[Collected data]
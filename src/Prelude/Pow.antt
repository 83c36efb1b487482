-- ===== src/Prelude/Pow.antt =====
-- Powers of two and quotients by them.
use Prim.Native.Nat.{ℕ, zero, suc, ◌+◌, ◌*◌, ◌/◌, ◌^◌, ◌≤◌, ◌<◌}
use mathlib.Core.Path.{◌≡◌, refl}
use native.Mathlib.Nat.{pow-suc, one-le-pow, div-div-eq-div-mul, pow-le-pow_right}
use native.Mathlib.Omega.{arith}
use incrementalmerkletree.Prelude.Words.{bits_used}

pub pow_pos : (k : ℕ) → 1 ≤ 2 ^ k
pow_pos k = one-le-pow k 2 (omega arith)

pub pow_double : (k : ℕ) → 2 ^ suc k ≡ 2 * 2 ^ k
pow_double k = omega (arith, pow-suc 2 k)

pub pow_add : (a b : ℕ) → 2 ^ (a + b) ≡ 2 ^ a * 2 ^ b
pow_add a zero = let e : a + 0 ≡ a = omega arith in rw e (omega arith)
pow_add a (suc b) =
    let e : a + suc b ≡ suc (a + b) = omega arith in
    rw (e, pow_double, pow_double, pow_add a b) (grind arith)

pub pow_mono : (a b : ℕ) → a ≤ b → 2 ^ a ≤ 2 ^ b
pow_mono a b h = pow-le-pow_right (omega arith) h

-- Shifting by one more place halves the result.
pub div_pow_suc : (x k : ℕ) → x / 2 ^ suc k ≡ x / 2 ^ k / 2
div_pow_suc x k = rw (pow-suc, div-div-eq-div-mul) refl

-- Halving first is the same.
pub half_div_pow : (x k : ℕ) → x / 2 / 2 ^ k ≡ x / 2 ^ suc k
half_div_pow x k = rw (pow_double, div-div-eq-div-mul) refl

pub div_pow_add : (x a b : ℕ) → x / 2 ^ a / 2 ^ b ≡ x / 2 ^ (a + b)
div_pow_add x a b = rw (pow_add, div-div-eq-div-mul) refl

pub div_pow_zero : (x : ℕ) → x / 2 ^ 0 ≡ x
div_pow_zero x = omega arith

-- The number of bits of `x` bounds it from both sides.
pub lt-pow-bits_used : (f x : ℕ) → x < 2 ^ f → x < 2 ^ bits_used f x
unfolding bits_used
lt-pow-bits_used zero x h = h
lt-pow-bits_used (suc f) x h = ground (
  arith,
  lt-pow-bits_used f (x / 2) (omega (arith, pow_double f)),
  pow_double (bits_used f (x / 2)),
)

pub bits_used-le : (f x : ℕ) → bits_used f x ≤ f
unfolding bits_used
bits_used-le zero x = omega arith
bits_used-le (suc f) x = ground (arith, bits_used-le f (x / 2))

-- `bits_used` is the least number of levels that hold position `x`.
pub bits_used-le_of_lt : (f x k : ℕ) → x < 2 ^ k → bits_used f x ≤ k
unfolding bits_used
bits_used-le_of_lt zero x k h = omega arith
bits_used-le_of_lt (suc f) x zero h = let e : x ≡ 0 = omega arith in rw e (omega arith)
bits_used-le_of_lt (suc f) x (suc k) h =
    ground (arith, bits_used-le_of_lt f (x / 2) k (omega (arith, pow_double k)))
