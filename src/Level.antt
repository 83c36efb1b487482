-- ===== src/Level.antt =====
-- `Level` of incrementalmerkletree/src/lib.rs: the height of a node above the leaves, a `u8`.
use incrementalmerkletree.Prelude.{
  ℕ, zero, suc, ◌+◌, ◌-◌, Option, none, some, List, [], ◌∷◌, if◌then◌else◌, ltb, u8,
}

abbrev pub Level : Type 0
Level = ℕ

-- The numbers from `a` on, `n` of them.
abbrev pub range : ℕ → ℕ → List ℕ
range a zero = []
range a (suc n) = a ∷ range (suc a) n

unfoldable pub iter_to : Level → Level → List Level
iter_to l other = range l (other - l)

unfoldable pub add : Level → ℕ → Level
add l value = u8 (l + value)

-- `none` is the panic on underflow.
unfoldable pub sub : Level → ℕ → Option Level
sub l value = if ltb l value then none else some (l - value)
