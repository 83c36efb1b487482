-- ===== src/Position.antt =====
-- `Position` of incrementalmerkletree/src/lib.rs: the index of a leaf, a `u64`.
pub mod Digits
use incrementalmerkletree.Prelude.{
  ℕ, ◌+◌, ◌-◌, Option, none, some, Bool, false, ◌||◌, not, List, [], ◌∷◌, if◌then◌else◌, ltb, ◌==◌,
  u8, u64, shl, shr, leading_zeros, bit_and, length, filter,
}
use incrementalmerkletree.Level.{Level, iter_to}

abbrev pub Position : Type 0
Position = ℕ

-- `Iterator::any`.
abbrev pub any : (ℕ → Bool) → List ℕ → Bool
any p [] = false
any p (x ∷ xs) = p x || any p xs

unfoldable pub is_right_child : Position → Bool
is_right_child p = bit_and p 1 == 1

unfoldable pub root_level : Position → Level
root_level p = u8 (64 - leading_zeros p)

-- Digit `i` of the position is set.
unfoldable pub has_ommer_at : Position → ℕ → Bool
has_ommer_at p i = bit_and (shr p i) 1 == 1

unfoldable pub past_ommer_count : Position → ℕ
unfolding has_ommer_at root_level iter_to
past_ommer_count p = length (filter (has_ommer_at p) (iter_to 0 (root_level p)))

unfoldable pub is_complete_subtree : Position → Level → Bool
unfolding iter_to
is_complete_subtree p root_level = not (any (λ l. bit_and p (shl 1 l) == 0) (iter_to 0 root_level))

unfoldable pub add : Position → ℕ → Position
add p other = u64 (p + other)

-- `none` is the panic "position underflow".
unfoldable pub sub : Position → ℕ → Option Position
sub p other = if ltb p other then none else some (p - other)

__TASK TO CARRY OUT__
For each line in the records that holds "none", show that line as it stands.

__EXPECTED ANSWER__
  ℕ, zero, suc, ◌+◌, ◌-◌, Option, none, some, List, [], ◌∷◌, if◌then◌else◌, ltb, u8,
-- `none` is the panic on underflow.
sub l value = if ltb l value then none else some (l - value)
  ℕ, ◌+◌, ◌-◌, Option, none, some, Bool, false, ◌||◌, not, List, [], ◌∷◌, if◌then◌else◌, ltb, ◌==◌,
-- `none` is the panic "position underflow".
sub p other = if ltb p other then none else some (p - other)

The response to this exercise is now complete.